Anti-China attitudes are hardening. Our regulators have rejected a Chinese bid to buy Australia’s largest electricity network as well as Beijing’s plans to establish a link between investment in the Northern Territory and the Belt and Road Initiative.

Meanwhile, there is a growing awareness that Trump’s America is acting like a ‘pitiful, helpless giant’, as Richard Nixon once feared it might become. Another Lowy poll shows that only 55 per cent of Australians trust Uncle Sam to ‘act responsibly in the world’ — the lowest level recorded in polls. This month Tony Abbott — who is as pro-American as he is conservative — warned ‘the American Legions are returning home’ and called on fellow Aussies to resist adversaries in our own right.

Our history has not prepared us well. From our birth as a nation in 1901 — and indeed before that, when we were still a collection of colonies far removed from the western world — Australia has always sought a close association with a great power with which we share values and interests. For the first few decades of our existence, a declining but still formidable Britain filled that role. For the past seven decades, it has been performed by the US alone. What happens if Beijing tries to push the Americans out of East Asia, just as Washington pushed the Europeans out of the western hemisphere in the 19th century? We’ll certainly become more anxious. Hardly a day goes by without a journalist or politician lamenting about the ‘most uncertain’ times in living memory.

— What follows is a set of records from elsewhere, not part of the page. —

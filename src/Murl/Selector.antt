-- ===== src/Murl/Selector.antt =====
-- crates/murl-core/src/murl.rs: `parse_selector` and the `Display` of `SelectorItem`.
pub mod RoundTrip
use m_url.Base.{
  ℕ, Bool, true, false, not, List, [], ◌∷◌, ◌++◌, Option, none, some, Result, ok, err, ◌>>=◌, ◌>>◌,
  refuse_if, ltb, length,
}
use m_url.Base.Text.{Bytes, codes, is_empty, strip_prefix, split}
use m_url.Grammar.{is_valid_resource_id, is_valid_role, is_valid_tag}
use m_url.Murl.Types.{
  MurlParseError, invalid_selector, empty_fragment, too_many_items, bad_role, bad_tag, bad_id,
  SelectorItem, id, role, tag, max_selector_items,
}

-- The `if let … else if let … else` over the two prefixes.
unfoldable pub select_kind :
    Bytes → Option Bytes → Option Bytes → Result MurlParseError SelectorItem
select_kind part (some r) as_tag = do
  refuse_if (not (is_valid_role r)) (invalid_selector bad_role)
  ok (role r)
select_kind part none (some t) = do
  refuse_if (not (is_valid_tag t)) (invalid_selector bad_tag)
  ok (tag t)
select_kind part none none = do
  refuse_if (not (is_valid_resource_id part)) (invalid_selector bad_id)
  ok (id part)

unfoldable pub parse_item : Bytes → Result MurlParseError SelectorItem
parse_item part =
    select_kind part (strip_prefix (codes "role=") part) (strip_prefix (codes "tag=") part)

unfoldable pub parse_items : List Bytes → Result MurlParseError (List SelectorItem)
parse_items [] = ok []
parse_items (p ∷ ps) = do item ← parse_item p; items ← parse_items ps; ok (item ∷ items)

unfoldable pub parse_selector : Bytes → Result MurlParseError (List SelectorItem)
parse_selector f = do
  refuse_if (is_empty f) (invalid_selector empty_fragment)
  let parts = split b',' f
  refuse_if (ltb max_selector_items (length parts)) (invalid_selector too_many_items)
  parse_items parts

unfoldable pub show_item : SelectorItem → Bytes
show_item (id s) = s
show_item (role s) = codes "role=" ++ s
show_item (tag s) = codes "tag=" ++ s
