-- ===== src/Murl/Parse.antt =====
-- crates/murl-core/src/murl.rs: `Murl::parse`, `identity` and the `Display` of `Murl`.
pub mod Valid
pub mod Canonical
pub mod RoundTrip
pub mod Safety
use m_url.Base.{
  ℕ, suc, Bool, true, false, not, ◌&&◌, ◌||◌, List, [], ◌∷◌, ◌++◌, map, Option, none, some, Result,
  ok, err, ◌>>=◌, ◌>>◌, refuse_if, ok_or, ltb, leb, if◌then◌else◌, length, take, drop,
}
use m_url.Base.Text.{Bytes, codes, bytes_eq, contains, is_empty, lowercase, split, split_once, join}
use m_url.Murl.Types.{
  MurlParseError, too_long, canonical_too_long, invalid_character, missing_scheme, missing_name,
  empty_segment, too_many_segments, misplaced_version_marker, invalid_query, max_murl_len,
  max_segments, VersionTag, latest, pinned, SelectorItem, Murl,
}
use m_url.Murl.Percent.{encode_segment, decode_segment}
use m_url.Murl.Version.{parse_version, show_version}
use m_url.Murl.Authority.{parse_authority, show_authority}
use m_url.Murl.Selector.{parse_selector, show_item}

abbrev pub is_printable : ℕ → Bool
is_printable b = leb 0x21 b && leb b 0x7e

-- The loop over `input.bytes().enumerate()`, from offset `i` on.
unfoldable pub check_printable : ℕ → Bytes → Result MurlParseError (Unit {0})
check_printable i [] = ok tt
check_printable i (b ∷ s) = do
  refuse_if (not (is_printable b)) (invalid_character i)
  check_printable (suc i) s

unfoldable pub strip_scheme : Bytes → Option Bytes
strip_scheme input =
    if ltb (length input) 7
    then none
    else if bytes_eq (lowercase (take 7 input)) (codes "murl://")
    then some (drop 7 input)
    else none

-- `match rest.split_once(sep) { Some((r, f)) => (r, Some(f)), None => (rest, None) }`
unfoldable pub cut_suffix : Bytes → Option (Bytes × Bytes) → Bytes × Option Bytes
cut_suffix rest none = (rest, none)
cut_suffix rest (some (r, f)) = (r, some f)

-- The round of the segment loop at `i == last_idx`.
unfoldable pub last_segment :
    Bytes → Option (Bytes × Bytes) → Result MurlParseError (List Bytes × VersionTag)
last_segment raw none = do seg ← decode_segment raw; ok (seg ∷ [], latest)
last_segment raw (some (base, ver)) = do
  refuse_if (contains b'@' ver) misplaced_version_marker
  refuse_if (is_empty base) empty_segment
  version ← parse_version ver
  seg ← decode_segment base
  ok (seg ∷ [], version)

-- The segment loop; `split` leaves at least one segment, so the first clause is not reached.
unfoldable pub parse_segments : List Bytes → Result MurlParseError (List Bytes × VersionTag)
parse_segments [] = ok ([], latest)
parse_segments (raw ∷ []) = last_segment raw (split_once b'@' raw)
parse_segments (raw ∷ next ∷ rest) = do
  refuse_if (contains b'@' raw) misplaced_version_marker
  seg ← decode_segment raw
  (segs, version) ← parse_segments (next ∷ rest)
  ok (seg ∷ segs, version)

unfoldable pub parse_fragment : Option Bytes → Result MurlParseError (Option (List SelectorItem))
parse_fragment none = ok none
parse_fragment (some f) = do items ← parse_selector f; ok (some items)

unfoldable pub check_query : Option Bytes → Result MurlParseError (Unit {0})
check_query none = ok tt
check_query (some q) = refuse_if (contains b'#' q || ltb 512 (length q)) (invalid_query q)

unfoldable pub slash_segments : List Bytes → Bytes
slash_segments [] = []
slash_segments (seg ∷ segs) = b'/' ∷ (encode_segment seg ++ slash_segments segs)

unfoldable pub show_pin : VersionTag → Bytes
show_pin latest = []
show_pin (pinned v) = b'@' ∷ show_version (pinned v)

unfoldable pub identity : Murl → Bytes
identity m =
    codes "murl://" ++ (show_authority m.authority ++ (slash_segments m.name ++ show_pin m.version))

unfoldable pub selector_display : Option (List SelectorItem) → Option Bytes
selector_display none = none
selector_display (some items) = some (join (codes ",") (map show_item items))

unfoldable pub show_suffix : ℕ → Option Bytes → Bytes
show_suffix mark none = []
show_suffix mark (some s) = mark ∷ s

-- `murl.to_string()`
unfoldable pub show_murl : Murl → Bytes
show_murl m =
    identity m ++ (show_suffix b'?' m.query ++ show_suffix b'#' (selector_display m.selector))

-- `Murl::parse` from the split at the first slash on.
unfoldable pub parse_located :
    Option (Bytes × Bytes) → Option Bytes → Option Bytes → Result MurlParseError Murl
parse_located none query fragment = err missing_name
parse_located (some (auth_raw, path_raw)) query fragment = do
  authority ← parse_authority auth_raw
  refuse_if (is_empty path_raw) missing_name
  let raw_segments = split b'/' path_raw
  refuse_if (ltb max_segments (length raw_segments)) too_many_segments
  (segments, version) ← parse_segments raw_segments
  selector ← parse_fragment fragment
  check_query query
  ok (record {
    authority = authority;
    name = segments;
    version = version;
    selector = selector;
    query = query;
  })

-- `Murl::parse` after the scheme.
unfoldable pub parse_rest : Bytes → Result MurlParseError Murl
parse_rest after =
    let (before_fragment, fragment) = cut_suffix after (split_once b'#' after) in
    let (rest, query) = cut_suffix before_fragment (split_once b'?' before_fragment) in
    parse_located (split_once b'/' rest) query fragment

-- The canonical form must itself be within the length limit.
unfoldable pub check_canonical : Murl → Result MurlParseError Murl
check_canonical m = do
  let canonical_len = length (show_murl m)
  refuse_if (ltb max_murl_len canonical_len) (canonical_too_long canonical_len)
  ok m

unfoldable pub parse : Bytes → Result MurlParseError Murl
parse input = do
  refuse_if (ltb max_murl_len (length input)) too_long
  check_printable 0 input
  rest ← ok_or (strip_scheme input) missing_scheme
  m ← parse_rest rest
  check_canonical m

unfoldable pub name_path : Murl → Bytes
name_path m = join (codes "/") m.name
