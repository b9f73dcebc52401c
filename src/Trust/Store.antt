-- ===== src/Trust/Store.antt =====
-- crates/murl-core/src/trust.rs: `key_id_for`, the store of pinned keys, and integrity pins. Base64,
-- SHA-256, the curve and the file system are parameters.
use m_url.Base.{
  ℕ, ◌+◌, ◌-◌, ◌/◌, ◌%◌, Bool, true, false, not, List, [], ◌∷◌, ◌++◌, Option, none, some, Result,
  ok, err, ◌>>=◌, ◌>>◌, refuse_if, ok_or, map_err, ltb, ◌==◌, if◌then◌else◌, length, take, any,
  retain,
}
use m_url.Base.Text.{Bytes, codes, bytes_eq, is_empty, strip_prefix}
use m_url.Murl.Types.{MurlParseError}
use m_url.Murl.Parse.{parse}
use m_url.Murl.Authority.{show_authority}

pub record PinnedKey : Type 0 where
  pub key_id : Bytes
  pub public_key : Bytes
  pub added_at : Option ℕ

-- The map `authorities`, in the order of its names.
abbrev pub Authorities : Type 0
Authorities = List (Bytes × List PinnedKey)

pub record TrustStore : Type 0 where
  pub path : Bytes
  pub authorities : Authorities

pub data TrustFault : Type 0 where
  bad_authority : MurlParseError → TrustFault
  bad_key_encoding key_length bad_point : TrustFault
  bad_integrity_algorithm bad_integrity_encoding integrity_mismatch : TrustFault
  not_saved : Bytes → TrustFault

-- What the libraries offer: base64, SHA-256, and whether 32 bytes are a point of the curve.
pub record Crypto : Type 0 where
  pub encode_b64 : Bytes → Bytes
  pub decode_b64 : Bytes → Option Bytes
  pub sha256 : Bytes → Bytes
  pub is_point : Bytes → Bool

-- Writing the store to a file, with the error if that fails.
pub record Disk : Type 0 where
  pub write : Bytes → Authorities → Option Bytes

abbrev pub lower_hex_digit : ℕ → ℕ
lower_hex_digit n = if ltb n 10 then b'0' + n else b'a' + n - 10

unfoldable pub hex : Bytes → Bytes
hex [] = []
hex (b ∷ s) = lower_hex_digit (b / 16) ∷ lower_hex_digit (b % 16) ∷ hex s

-- `bytes_lt a b`: the order of the map's names.
unfoldable pub bytes_lt : Bytes → Bytes → Bool
bytes_lt [] [] = false
bytes_lt [] (d ∷ t) = true
bytes_lt (c ∷ s) [] = false
bytes_lt (c ∷ s) (d ∷ t) = let rest = bytes_lt s t in if c == d then rest else ltb c d

unfoldable pub find_keys : Bytes → Authorities → Option (List PinnedKey)
find_keys name [] = none
find_keys name ((key, keys) ∷ rest) =
    let later = find_keys name rest in if bytes_eq key name then some keys else later

-- The list of a name that is in the map, replaced.
unfoldable pub replace_keys : Bytes → List PinnedKey → Authorities → Authorities
replace_keys name new [] = []
replace_keys name new ((key, keys) ∷ rest) =
    let later = replace_keys name new rest in
    if bytes_eq key name then (key, new) ∷ rest else (key, keys) ∷ later

-- A name that is not in the map yet.
unfoldable pub insert_keys : Bytes → List PinnedKey → Authorities → Authorities
insert_keys name new [] = (name, new) ∷ []
insert_keys name new ((key, keys) ∷ rest) =
    let later = insert_keys name new rest in
    if bytes_lt name key then (name, new) ∷ (key, keys) ∷ rest else (key, keys) ∷ later

unfoldable pub remove_keys : Bytes → Authorities → Authorities
remove_keys name [] = []
remove_keys name ((key, keys) ∷ rest) =
    let later = remove_keys name rest in if bytes_eq key name then later else (key, keys) ∷ later

abbrev pub has_id : Bytes → PinnedKey → Bool
has_id id k = bytes_eq k.key_id id

unfoldable pub normalize_authority : Bytes → Result TrustFault Bytes
normalize_authority authority = do
  m ← map_err bad_authority (parse (codes "murl://" ++ (authority ++ codes "/x")))
  ok (show_authority m.authority)

-- `entry.push(…)` unless the key is there.
abbrev pub push_key : List PinnedKey → PinnedKey → List PinnedKey
push_key keys k = if any (has_id k.key_id) keys then keys else keys ++ k ∷ []

-- `entry(authority).or_default()`, and the push to it.
unfoldable pub pin : Bytes → PinnedKey → Option (List PinnedKey) → Authorities → Authorities
pin name k none m = insert_keys name (push_key [] k) m
pin name k (some keys) m = replace_keys name (push_key keys k) m

-- What `remove` does to the list of the authority.
unfoldable pub unpin : Bytes → Bytes → Option (List PinnedKey) → Authorities → Authorities × Bool
unpin name id none m = (m, false)
unpin name id (some keys) m =
    let left = retain (λ k. not (has_id id k)) keys in
    (
      if length left == 0 then remove_keys name m else replace_keys name left m,
      not (length left == length keys),
    )

module _ (crypto : Crypto) where
  unfoldable pub sha256_hex : Bytes → Bytes
  sha256_hex bytes = hex (crypto.sha256 bytes)

  unfoldable pub key_id_for : Bytes → Bytes
  key_id_for public_key = codes "ed25519:" ++ take 16 (sha256_hex public_key)

  unfoldable pub make_integrity : Bytes → Bytes
  make_integrity bytes = codes "sha256-" ++ crypto.encode_b64 (crypto.sha256 bytes)

  unfoldable pub check_integrity : Bytes → Bytes → Result TrustFault (Unit {0})
  check_integrity bytes integrity = do
    expected_b64 ← ok_or (strip_prefix (codes "sha256-") integrity) bad_integrity_algorithm
    expected ← ok_or (crypto.decode_b64 expected_b64) bad_integrity_encoding
    refuse_if (not (bytes_eq expected (crypto.sha256 bytes))) integrity_mismatch

  -- The checks of `add`: the normalized authority and the key's id.
  unfoldable pub check_key : Bytes → Bytes → Result TrustFault (Bytes × Bytes)
  check_key authority public_key_b64 = do
    name ← normalize_authority authority
    pk ← ok_or (crypto.decode_b64 public_key_b64) bad_key_encoding
    refuse_if (not (length pk == 32)) key_length
    refuse_if (not (crypto.is_point pk)) bad_point
    ok (name, key_id_for pk)

unfoldable pub save : Disk → TrustStore → Result TrustFault (Unit {0})
save disk store =
    if is_empty store.path then ok tt else elim (disk.write store.path store.authorities) [
      | none ↦ ok tt
      | some e ↦ err (not_saved e)
    ]

-- The result of an operation after the store is saved; the store in memory is changed either way.
abbrev pub saved {ℓ} : {A : Type ℓ} → Disk → TrustStore → A → Result TrustFault A × TrustStore
saved disk store a = ((do save disk store; ok a), store)

unfoldable pub add_checked :
    Disk
    → TrustStore
    → Bytes
    → ℕ
    → Result TrustFault (Bytes × Bytes)
    → Result TrustFault Bytes × TrustStore
add_checked disk store public_key now (err e) = (err e, store)
add_checked disk store public_key now (ok (name, id)) =
    let key : PinnedKey = record { key_id = id; public_key = public_key; added_at = some now } in
    saved disk
      (record store {
        authorities = pin name key (find_keys name store.authorities) store.authorities;
      })
      id

unfoldable pub add :
    Crypto → Disk → TrustStore → Bytes → Bytes → ℕ → Result TrustFault Bytes × TrustStore
add crypto disk store authority public_key_b64 now =
    add_checked disk store public_key_b64 now (check_key crypto authority public_key_b64)

unfoldable pub remove_checked :
    Disk → TrustStore → Bytes → Result TrustFault Bytes → Result TrustFault Bool × TrustStore
remove_checked disk store id (err e) = (err e, store)
remove_checked disk store id (ok name) =
    let (left, removed) = unpin name id (find_keys name store.authorities) store.authorities in
    saved disk (record store { authorities = left }) removed

unfoldable pub remove : Disk → TrustStore → Bytes → Bytes → Result TrustFault Bool × TrustStore
remove disk store authority id = remove_checked disk store id (normalize_authority authority)

-- Whether the keys of an authority, if there are any, hold the id.
abbrev pub holds : Bytes → Option (List PinnedKey) → Bool
holds id none = false
holds id (some keys) = any (has_id id) keys

unfoldable pub is_trusted_name : TrustStore → Bytes → Result TrustFault Bytes → Bool
is_trusted_name store id (err e) = false
is_trusted_name store id (ok name) = holds id (find_keys name store.authorities)

unfoldable pub is_trusted : TrustStore → Bytes → Bytes → Bool
is_trusted store authority id = is_trusted_name store id (normalize_authority authority)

We’ve been here before. Fifty years ago there was widespread fear of being abandoned by ‘our great and powerful friends’, as Sir Robert Menzies called them. In the late 1960s Britain withdrew its navy from east of Suez as it moved into Europe. Nixon called on Asia-Pacific allies to take more responsibility for their security. As a result, senior Australian officials raised serious doubts about US staying-power in Asia. One minister, Peter Howson, wrote in his diaries, ‘There’ll be no white faces on the Asian mainland’ and ‘we shall be on our own’.

However, just as reports of America’s retreat were greatly exaggerated back then, so they might be today. Or so says the federal government. Even with an outsider inside the White House, the US remains the predominant power in defence, education, innovation and energy self–sufficiency. Besides, China will grow old before it grows rich; and even if Beijing can sort out its long-term demographic challenges, other big challenges loom: political, economic, ethnic and environmental.

Perhaps. But it is worth remembering that China has emerged from two centuries of weakness and humiliation, and it has mastered western technologies and economic ideas. No other nation in the region is more dependent on exporting to China than Australia. And no other nation comes close to its influence on our economic prospects than China. ‘May you live in interesting times’ is one of the more subtle Chinese curses, and in the debate over how to deal with China in the Trump era, Australian foreign policy could be heading into most interesting — and anxious — times.

Tom Switzer is executive director of The Centre for Independent Studies in Sydney and a presenter for the Australian Broadcasting Corporation.